***** WORKING DATA

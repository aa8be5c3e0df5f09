-- ===== src/Examples/Actions.antt =====
-- Card actions, the retirement of an account and its administration.
use gptshare.Base.{ℕ, ◌==◌, ◌&&◌, ◌+◌, ◌*◌, ◌≡◌, refl, true, false, none, some, [], arith, All}
use gptshare.Time.{day, unix, datetime, julianday, text_key}
use gptshare.Pool.Types.{
  MonitorStatus, AccountStatus, CardStatus, Account, Card, Db, ok, err, card_action_conflict,
  value_or, ◌>>=◌,
}
use gptshare.Pool.Tables.{after, allocatable, occupies, occupancy, free_seats}
use gptshare.Pool.Candidate.{eligible, order_keys, lex_leb, first_by, select_card_candidate}
use gptshare.Pool.Seats.{
  card_time_after_days, update_one, reserve_account_capacity, insert_allocation,
}
use gptshare.Pool.Extend.{
  update_card, current_seat, renew_seat, ensure_renewed_account, extend_active, extend_redeemed,
  extend_card_with_tx,
}
use gptshare.Pool.CardAction.{
  Action, ActionMode, Outcome, Cards, replay, read_action_card, prior_operation, same_action,
  renew_card, run_action, fresh_action, decide_action, apply_card_action,
}
use gptshare.Pool.CardAction.Sound.{card_action-IsSound}
use gptshare.Pool.CardAction.Replay.{preview-apply}
use gptshare.Pool.CardAction.Again.{card_action-replays, card_action-spends}
use gptshare.Pool.Leave.{
  Tally, leaving, effective_primary, close_primary, log_retired, move_away, retire_seat,
  retire_seats, archive_account, retire_account,
}
use gptshare.Pool.Leave.Sound.{retire_account-Vacated}
use gptshare.Pool.Message.{default_account_capacity}
use gptshare.Pool.Admin.{apply_default_account_capacity, capacity_row, valid_account_expiry}
use gptshare.Pool.Admin.Capacity.{Labelled, apply_default-Labelled, apply_default-revives}
use gptshare.Pool.Admin.Update.{Update, Secret, update_account}
use gptshare.Pool.Admin.Sound.{Offered, update_account-Offered}
use gptshare.Pool.Books.Defs.{IsSound}
use gptshare.Examples.Shop.{noon, account, card, shop, shop-IsSound}

abbrev desk : Cards
desk = record { db = shop; next_group = 1; operations = [] }

abbrev no_outcome : Outcome
no_outcome = record {
  action = Action.renew;
  mode = ActionMode.different;
  card_id = 0;
  target_card_id = 0;
  source_card_id = 0;
  added_days = 0;
  duration_days = 0;
  status = CardStatus.unused;
  original_status = CardStatus.unused;
  before_expires_at = none;
  expires_at = none;
  account_changed = false;
  replayed = false;
}

-- Card 2 is renewed by the days of card 3.
abbrev renewed_desk : Cards × Outcome
renewed_desk =
    value_or (desk, no_outcome) (apply_card_action noon Action.renew 12 13 false true desk)

desk-renewed : apply_card_action noon Action.renew 12 13 false true desk ≡ ok renewed_desk
unfolding apply_card_action read_action_card prior_operation decide_action fresh_action run_action
    renew_card extend_card_with_tx extend_redeemed extend_active card_time_after_days unix
    update_card ensure_renewed_account renew_seat current_seat datetime
desk-renewed = refl

card_action-IsSound_example : IsSound renewed_desk.0.db
card_action-IsSound_example =
    card_action-IsSound noon Action.renew 12 13 false true desk shop-IsSound desk-renewed

preview-apply_example :
    apply_card_action noon Action.renew 12 13 true true desk
    ≡ (apply_card_action noon Action.renew 12 13 false true desk >>= λ r. ok (desk, r.1))
preview-apply_example = preview-apply noon Action.renew 12 13 true desk

card_action-replays_example :
    apply_card_action (noon + day) Action.renew 12 13 true false renewed_desk.0
    ≡ ok (renewed_desk.0, replay renewed_desk.1)
card_action-replays_example =
    card_action-replays noon (noon + day) Action.renew 12 13 true false true desk desk-renewed

abbrev first_card : Card
first_card = card 1 CardStatus.redeemed (some (120 * day))

renewed_facts :
    (read_action_card 11 renewed_desk.0.db ≡ ok first_card)
    × (renewed_desk.1.replayed ≡ false)
    × ((1 == renewed_desk.1.source_card_id) ≡ false)
    × (((renewed_desk.1.target_card_id == 1) && same_action Action.renew Action.renew) ≡ false)
unfolding apply_card_action read_action_card prior_operation decide_action fresh_action run_action
    renew_card extend_card_with_tx extend_redeemed extend_active card_time_after_days unix
    update_card ensure_renewed_account renew_seat current_seat datetime
renewed_facts = (refl, refl, refl, refl)

card_action-spends_example :
    apply_card_action (noon + day) Action.renew 11 13 false true renewed_desk.0
    ≡ err card_action_conflict
card_action-spends_example =
    card_action-spends noon (noon + day) Action.renew Action.renew 12 13 11 true true false desk
      first_card desk-renewed renewed_facts.1 refl renewed_facts.0 renewed_facts.2 renewed_facts.3

-- Account 2 is retired: its customer moves to account 3.
abbrev left_shop : Db × Tally
left_shop = value_or (shop, record { replaced = 0; closed = 0 }) (retire_account noon 2 shop)

shop-left : retire_account noon 2 shop ≡ ok left_shop
unfolding retire_account leaving occupies retire_seats retire_seat effective_primary move_away
    select_card_candidate first_by eligible order_keys lex_leb allocatable datetime julianday
    text_key close_primary reserve_account_capacity update_one insert_allocation log_retired
    archive_account
shop-left = refl

retire_account-Vacated_example :
    IsSound left_shop.0
    × (occupancy 2 left_shop.0.allocations ≡ 0)
    × (left_shop.1.replaced + left_shop.1.closed ≡ occupancy 2 shop.allocations)
retire_account-Vacated_example =
    retire_account-Vacated noon 2 shop (omega arith) (refl, (refl, tt)) shop-IsSound shop-left

abbrev wide_shop : Db × ℕ
wide_shop = value_or (shop, 0) (apply_default_account_capacity none shop)

shop-widened : apply_default_account_capacity none shop ≡ ok wide_shop
unfolding apply_default_account_capacity default_account_capacity
shop-widened = refl

apply_default-Labelled_example :
    (capacity : ℕ) × (default_account_capacity none ≡ ok capacity)
    × All (Labelled capacity) wide_shop.0.accounts
apply_default-Labelled_example = apply_default-Labelled none shop shop-widened

-- An account that was disabled with one seat held.
abbrev disabled_account : Account
disabled_account = account 5 1 MonitorStatus.alive AccountStatus.disabled

unexpired : after noon disabled_account.account_expiry ≡ true
unfolding datetime
unexpired = refl

apply_default-revives_example :
    (allocatable noon disabled_account ≡ false)
    × (allocatable noon (free_seats 1 (capacity_row 1 disabled_account)) ≡ true)
apply_default-revives_example =
    apply_default-revives 1 noon disabled_account refl refl (omega arith) refl refl unexpired

-- Account 3 is edited to one seat and a new password.
abbrev edit : Update
edit = record {
  username = 3;
  password = true;
  totp = false;
  source = Secret.unsent;
  pickup = Secret.blank;
  account_expiry = some (300 * day);
  max_concurrent_users = 1;
  status = none;
  monitor_status = some MonitorStatus.alive;
  monitor_account_id = some 43;
}

abbrev edited_shop : Db
edited_shop = value_or shop (update_account true noon 3 edit shop)

shop-edited : update_account true noon 3 edit shop ≡ ok edited_shop
unfolding update_account valid_account_expiry
shop-edited = refl

update_account-Offered_example : All (Offered 3) edited_shop.accounts
update_account-Offered_example = update_account-Offered true noon 3 edit shop shop-edited
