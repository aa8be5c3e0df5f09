-- ===== src/Pool/Claim.antt =====
-- A user who takes over a card that is running: claimCard of user_center.go.
pub mod Owner
use gptshare.Base.{
  ℕ, Bool, true, false, not, ◌&&◌, ◌||◌, Option, none, some, List, ltb, ◌==◌, if◌then◌else◌,
  exists_where, find_where,
}
use gptshare.Pool.Types.{
  Card, Binding, RedemptionEvent, Db, Result, ok, err, no_rows, ◌>>=◌, or_fail,
}
use gptshare.Pool.Tables.{is_redeemed}
use gptshare.Pool.Redeem.{consume_bind_nonce, insert_event, backfill_card_code}

pub data Claim : Type 0 where
  claimed already_bound not_claimable : Claim

-- expires.After(now), of a column that may be NULL.
abbrev pub runs : ℕ → Card → Bool
runs now c = elim c.expires_at [ none ↦ false | some t ↦ is_redeemed c.status && ltb now t ]

abbrev pub of_card : ℕ → RedemptionEvent → Bool
of_card card_id e = e.card_id == card_id

unfoldable pub take_over : Bool → Option Binding → ℕ → Db → Result (Db × Claim)
take_over has_keyring binding card_id db = consume_bind_nonce binding db >>= λ bound. ok (
  backfill_card_code has_keyring binding card_id (insert_event binding card_id true bound),
  Claim.claimed,
)

unfoldable pub claim_row : ℕ → Bool → Option Binding → Card → Db → Result (Db × Claim)
claim_row now has_keyring binding card db =
    if not (runs now card)
    then ok (db, Claim.not_claimable)
    else if exists_where (of_card card.id) db.events
    then ok (db, Claim.already_bound)
    else take_over has_keyring binding card.id db

unfoldable pub claim_card : ℕ → Bool → ℕ → Option Binding → Db → Result (Db × Claim)
claim_card now has_keyring code_hash binding db =
    or_fail (find_where (λ c. c.code_hash == code_hash) db.cards) no_rows >>= λ card.
    claim_row now has_keyring binding card db
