-- ===== src/Client/Sender/Guard.antt =====
-- One flight at a time, and the wait after a failure.
use clickman.Base.{ℕ, ◌≡◌, refl, ◌⊎◌, inl, inr, Option, none, some, arith, Option-cases}
use clickman.Base.Int.{ℤ, ◌<ℤ◌}
use clickman.Client.Error.{ok}
use clickman.Client.Clock.{unix_millis}
use clickman.Client.Config.{Config}
use clickman.Client.Backoff.Float.{Float64}
use clickman.Client.Platform.{Platform}
use clickman.Client.Queue.{Batch, Urgency}
use clickman.Client.Sender.{
  idle, in_flight, waiting, SenderState, Attempt, World, reserve, deliver, send_taken, send_next,
}

reserve_blocked :
    (now : ℤ) (state : SenderState) (failures : ℕ) (until : ℤ)
    → (state.flight ≡ in_flight) ⊎ ((state.backoff ≡ waiting failures until) × (now <ℤ until))
    → reserve now state ≡ none
unfolding reserve
reserve_blocked now state failures until h = ground arith

module _ (p : Platform) (f : Float64) (config : Config) (urgency : Urgency)
    (attempt : Attempt f) where
  -- While a batch is in flight, or a retry waits, a send does nothing at all.
  pub send_next_blocked :
      (w : World) (failures : ℕ) (until : ℤ)
      → (w.state.flight ≡ in_flight)
        ⊎ ((w.state.backoff ≡ waiting failures until) × (unix_millis attempt.now <ℤ until))
      → send_next p f config urgency attempt w ≡ (ok none, w)
  unfolding send_next
  send_next_blocked w failures until h =
      rw (reserve_blocked (unix_millis attempt.now) w.state failures until h, send_next)

  deliver-idle :
      (batch : Batch) (w : World) → (deliver p f config batch attempt w).1.state.flight ≡ idle
  unfolding deliver
  deliver-idle batch w = ground arith

  send_taken-idle :
      (taken : Option Batch) (w : World)
      → (send_taken p f config taken attempt w).1.state.flight ≡ idle
  unfolding send_taken
  send_taken-idle none w = refl
  send_taken-idle (some batch) w = deliver-idle batch w

  -- However a send ends that found nothing in flight, sent or refused or failed, nothing is in
  -- flight after it, so the next one may go.
  pub send_next-idle :
      (w : World)
      → w.state.flight ≡ idle
      → (send_next p f config urgency attempt w).1.state.flight ≡ idle
  unfolding send_next
  send_next-idle w h = elim (Option-cases (reserve (unix_millis attempt.now) w.state)) [
    | inl e ↦ rw (e, send_next) h
    | inr (state, e) ↦ rw (e, send_next) (send_taken-idle _ _)
  ]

**********

### EXERCISE INSTRUCTIONS
Copy out each line of the entries above that holds "refl".

### YOUR RESPONSE
use gptshare.Base.{ℕ, ◌==◌, ◌&&◌, ◌+◌, ◌*◌, ◌≡◌, refl, true, false, none, some, [], arith, All}
desk-renewed = refl
renewed_facts = (refl, refl, refl, refl)
      first_card desk-renewed renewed_facts.1 refl renewed_facts.0 renewed_facts.2 renewed_facts.3
shop-left = refl
    retire_account-Vacated noon 2 shop (omega arith) (refl, (refl, tt)) shop-IsSound shop-left
shop-widened = refl
unexpired = refl
    apply_default-revives 1 noon disabled_account refl refl (omega arith) refl refl unexpired
shop-edited = refl
use clickman.Base.{ℕ, ◌≡◌, refl, ◌⊎◌, inl, inr, Option, none, some, arith, Option-cases}
  send_taken-idle none w = refl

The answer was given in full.